Two unrelated experiences made it difficult to reproduce the issue at first: an internal-only server-side experience related to message queuing; and an orthogonal change in how we display thought removed this bug in most CLI sessions, so we didn't detect it even when testing external versions.

This bug was at the intersection of Claude Code's context management, the Anthropic API, and extended reflection. The changes introduced made it possible to pass several human and automated code reviews, as well as unit testing, end-to-end testing, automated verifications and dogfooding. Combined with the fact that this only happens in an isolated case (stale sessions) and the difficulty of reproducing the issue, it took us over a week to discover and confirm the root cause.

As part of the investigation, we tested Code Review against the offending pull requests using Opus 4.7. When given the necessary code repositories to gather a complete context, Opus 4.7 found the bug, while Opus 4.6 did not. To prevent this from happening again, we now support additional repositories as context for code reviews.

We fixed this bug on April 10 in v2.1.101.

Our latest model, Claude Opus 4.7, has a notable behavioral quirk compared to its predecessor: as we wrote at launch, it tends to be quite verbose. This makes it smarter on hard problems, but it also produces more output tokens.

A few weeks before the release of Opus 4.7, we started tuning Claude Code in preparation. Each model behaves slightly differently and we spend time before each ride optimizing the harness and corresponding product.

We have a number of tools to reduce verbosity: model training, incentives, and improving UX thinking in the product. Ultimately we used all of this, but one addition to the system prompt had an outsized effect on intelligence in Claude Code:

"Length limits: Limit text between tool calls to ≤ 25 words. Limit final responses to ≤ 100 words unless the task requires more detail."

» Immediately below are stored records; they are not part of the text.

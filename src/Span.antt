-- ===== src/Span.antt =====
-- src/span.rs: half-open intervals of UTF-16 units, and the units of one.
pub mod Units
pub mod Bound
use perex.Base.{
  ℕ, zero, suc, ◌-◌, Bool, List, Option, none, some, ltb, leb, ◌==◌, if◌then◌else◌, Run, ret, ◌>>=◌,
}
use perex.Input.View.{Input, Cursor}
use perex.Input.Walk.{next_unit}
use perex.Input.Seek.{cursor_at}

pub record Span : Type 0 where
  pub start : ℕ
  pub end : ℕ

unfoldable pub new : ℕ → ℕ → Option Span
new start end = if leb start end then some (record { start = start; end = end }) else none

-- `end - start`; a span's start is at most its end.
unfoldable pub len : Span → ℕ
len s = s.end - s.start

unfoldable pub is_empty : Span → Bool
is_empty s = s.start == s.end

pub record SpanUnits : Type 0 where
  pub cursor : Cursor
  pub remaining : ℕ

units_from : ℕ → Option Cursor → Option SpanUnits
units_from n none = none
units_from n (some c) = some (record { cursor = c; remaining = n })

unfoldable pub units : Span → Input → Run (Option SpanUnits)
unfolding units_from len
units s input =
    if ltb input.utf16_len s.end
    then ret none
    else cursor_at input s.start >>= (λ c. ret (units_from (len s) c))

next_with : ℕ → Run (Option ℕ × Cursor) → Run (Option ℕ × SpanUnits)
next_with n read = read >>= (λ (unit, c). ret (unit, record { cursor = c; remaining = n }))

next_left : SpanUnits → ℕ → Run (Option ℕ × SpanUnits)
next_left u zero = ret (none, u)
next_left u (suc n) = next_with n (next_unit u.cursor)

-- `Iterator::next`, and `size_hint`.
unfoldable pub next : SpanUnits → Run (Option ℕ × SpanUnits)
unfolding next_left next_with
next u = next_left u u.remaining

unfoldable pub size_hint : SpanUnits → ℕ × Option ℕ
size_hint u = (u.remaining, some u.remaining)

After several weeks of internal testing and no regressions in any of the evaluations we performed, we were confident about the change and shipped it with Opus 4.7 on April 16.

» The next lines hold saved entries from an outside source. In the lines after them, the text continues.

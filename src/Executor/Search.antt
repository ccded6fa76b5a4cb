-- ===== src/Executor/Search.antt =====
-- `Search` of src/executor.rs between its calls: captures, capacity requests, new buffers, cancelling and
-- beginning again. The resources that it borrows its views from are no part of it.
pub mod Rebuffer
pub mod Captures
use perex.Base.{
  ℕ, zero, suc, ◌+◌, ◌*◌, ◌==◌, ltb, leb, Bool, true, false, not, ◌||◌, List, [], ◌∷◌, ◌++◌, Option,
  none, some,
}
use perex.Base.{get_elem?, take, drop, length, if◌then◌else◌, Run, ret, panic, ◌>>=◌, or_panic}
use perex.Base
use perex.Budget.{Budget}
use perex.Span.{Span}
use perex.Span
use perex.Input.View.{Mark, Position}
use perex.Executor.State.{
  ExecError, registers, frames, undo, captures, changed_resources, cancelled, not_matched, Frame,
  Undo, Phase, finished, failed, outcome, State, Shape, registers_of, position_of, unset,
}
use perex.Executor.State.{new as new_state}
use perex.Executor.Monad.{Result, ok, fails}

pub record Scratch : Type 0 where
  pub registers : List ℕ
  pub frames : List Frame
  pub undo : List Undo

pub record Search : Type 0 where
  pub buffers : Scratch
  pub shape : Shape
  pub state : State
  pub budget : Budget

unfoldable pub capture_count : Search → Run ℕ
capture_count s = or_panic (get_elem? s.shape.head 3)

-- The error, where there is one.
unfoldable pub require_match : Search → Option ExecError
require_match s = elim s.state.blocked [
  | some error ↦ some error
  | none ↦ if s.state.boolean then some captures else elim s.state.phase [
    | finished true ↦ none
    | failed error ↦ some error
    | other ↦ some not_matched
  ]
]

-- What two registers say of a capture.
unfoldable pub span_of : ℕ → ℕ → Option Span
span_of lo hi = if lo == unset || hi == unset then none else Span.new lo hi

captured : Option ℕ → Option ℕ → Result (Option Span)
captured (some lo) (some hi) = ok (span_of lo hi)
captured _ _ = fails changed_resources

unfoldable pub capture : Search → ℕ → Run (Result (Option Span))
unfolding captured
capture s index = elim (require_match s) [
  | some error ↦ ret (fails error)
  | none ↦ capture_count s >>= (λ count.
      if leb count index
      then ret (fails captures)
      else ret (
          captured (get_elem? s.buffers.registers (index * 2))
            (get_elem? s.buffers.registers (index * 2 + 1))))
]

-- The loop of `copy_match_registers`: `n` captures from `i` on.
unfoldable pub spans_from : List ℕ → ℕ → ℕ → Run (List (Option Span))
spans_from rs i zero = ret []
spans_from rs i (suc n) =
    let rest = spans_from rs (suc i) n in
    or_panic (get_elem? rs (i * 2)) >>= (λ lo.
      or_panic (get_elem? rs (i * 2 + 1))
      >>= (λ hi. rest >>= (λ spans. ret (span_of lo hi ∷ spans))))

-- The captures take the first places of the output.
unfoldable pub copy_match_registers :
    List ℕ → List (Option Span) → ℕ → Run (Result (List (Option Span)))
copy_match_registers rs output count =
    if ltb (length rs) (count * 2)
    then ret (fails changed_resources)
    else if ltb (length output) count
    then panic
    else spans_from rs 0 count >>= (λ spans. ret (ok (spans ++ drop count output)))

unfoldable pub copy_captures : Search → List (Option Span) → Run (Result (List (Option Span)))
copy_captures s output = capture_count s >>= (λ count.
    if ltb (length output) count then ret (fails captures) else elim (require_match s) [
      | some error ↦ ret (fails error)
      | none ↦ copy_match_registers s.buffers.registers output count
    ])

pub record ScratchRequirements : Type 0 where
  pub registers : ℕ
  pub frames : ℕ
  pub undo : ℕ

is_frames : Option ExecError → ℕ
is_frames (some frames) = 1
is_frames _ = 0

is_undo : Option ExecError → ℕ
is_undo (some undo) = 1
is_undo _ = 0

unfoldable pub required_scratch : Search → Run ScratchRequirements
unfolding is_frames is_undo
required_scratch s = registers_of s.shape >>= (λ n. ret (record {
  registers = n;
  frames = s.state.frames + is_frames s.state.blocked;
  undo = s.state.undo + is_undo s.state.blocked;
}))

-- A refused call gives the search back, and the new buffers.
pub data Rebuffered : Type 0 where
  rebuffered : Search → Rebuffered
  refused : (error : ExecError) (search : Search) (buffers : Scratch) → Rebuffered

-- `target[..n].copy_from_slice(&source[..n])`, both being long enough.
abbrev pub copied {ℓ} : {A : Type ℓ} → ℕ → List A → List A → List A
copied n source target = take n source ++ drop n target

moved : Search → Scratch → ScratchRequirements → Search
moved s target need = record s {
  buffers = record {
    registers = copied need.registers s.buffers.registers target.registers;
    frames = copied s.state.frames s.buffers.frames target.frames;
    undo = copied s.state.undo s.buffers.undo target.undo;
  };
  state = record s.state { blocked = none };
}

unfoldable pub rebuffer : Search → Scratch → Run Rebuffered
unfolding moved
rebuffer s target = required_scratch s >>= (λ need.
    if ltb (length target.registers) need.registers
    then ret (refused registers s target)
    else if ltb (length target.frames) need.frames
    then ret (refused frames s target)
    else if ltb (length target.undo) need.undo
    then ret (refused undo s target)
    else if ltb (length s.buffers.registers) need.registers
        || ltb (length s.buffers.frames) s.state.frames
        || ltb (length s.buffers.undo) s.state.undo
    then ret (refused changed_resources s target)
    else ret (rebuffered (moved s target need)))

unfoldable pub cancel : Search → Search
cancel s = elim (outcome s.state.phase) [
  | some found ↦ s
  | none ↦ record s { state = record s.state { blocked = none; phase = failed cancelled } }
]

unfoldable pub position : Search → Position
position s = position_of s.state s.shape.input

unfoldable pub restart_at : Search → ℕ → Search
restart_at s start = record s {
  state = record (new_state start s.shape.input.utf16_len) {
    near = (position s).mark;
    boolean = s.state.boolean;
  };
}

unfoldable pub without_captures : Search → Search
without_captures s = record s { state = record s.state { boolean = true } }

As part of this investigation, we performed more ablations (removing lines from the system prompt to understand the impact of each line) using a broader set of evaluations. One of these evaluations showed a 3% drop for Opus 4.6 and 4.7. We immediately canceled the prompt in the April 20 release.

We will do several things differently to avoid these issues: we will ensure that more internal staff use exactly the public version of Claude Code (as opposed to the version we use to test new features); and we will make improvements to our code review tool that we use internally and ship this improved version to customers.

We're also adding tighter controls on changes to system prompts. We will perform a broad suite of model evaluations for each rapid system change to Claude Code, continuing ablations to understand the impact of each line, and we have created new tools to facilitate the review and auditing of rapid changes. We've also added guidance to our CLAUDE.md to ensure that model-specific changes are tailored to the specific model they're targeting. For any changes that could compromise intelligence, we will add absorption periods, a broader evaluation suite, and phased deployments to detect issues earlier.

We recently created @ClaudeDevs on X to give us the opportunity to explain product decisions and the reasoning behind them in depth. We will share the same updates in centralized discussions on GitHub.

Finally, we would like to thank our users: the people who used /feedback

order to share their issues with us (or who have posted specific, reproducible examples online) are the ones that ultimately allowed us to identify and resolve these issues. Today we are resetting usage limits for all subscribers.

We are extremely grateful for your feedback and for your patience.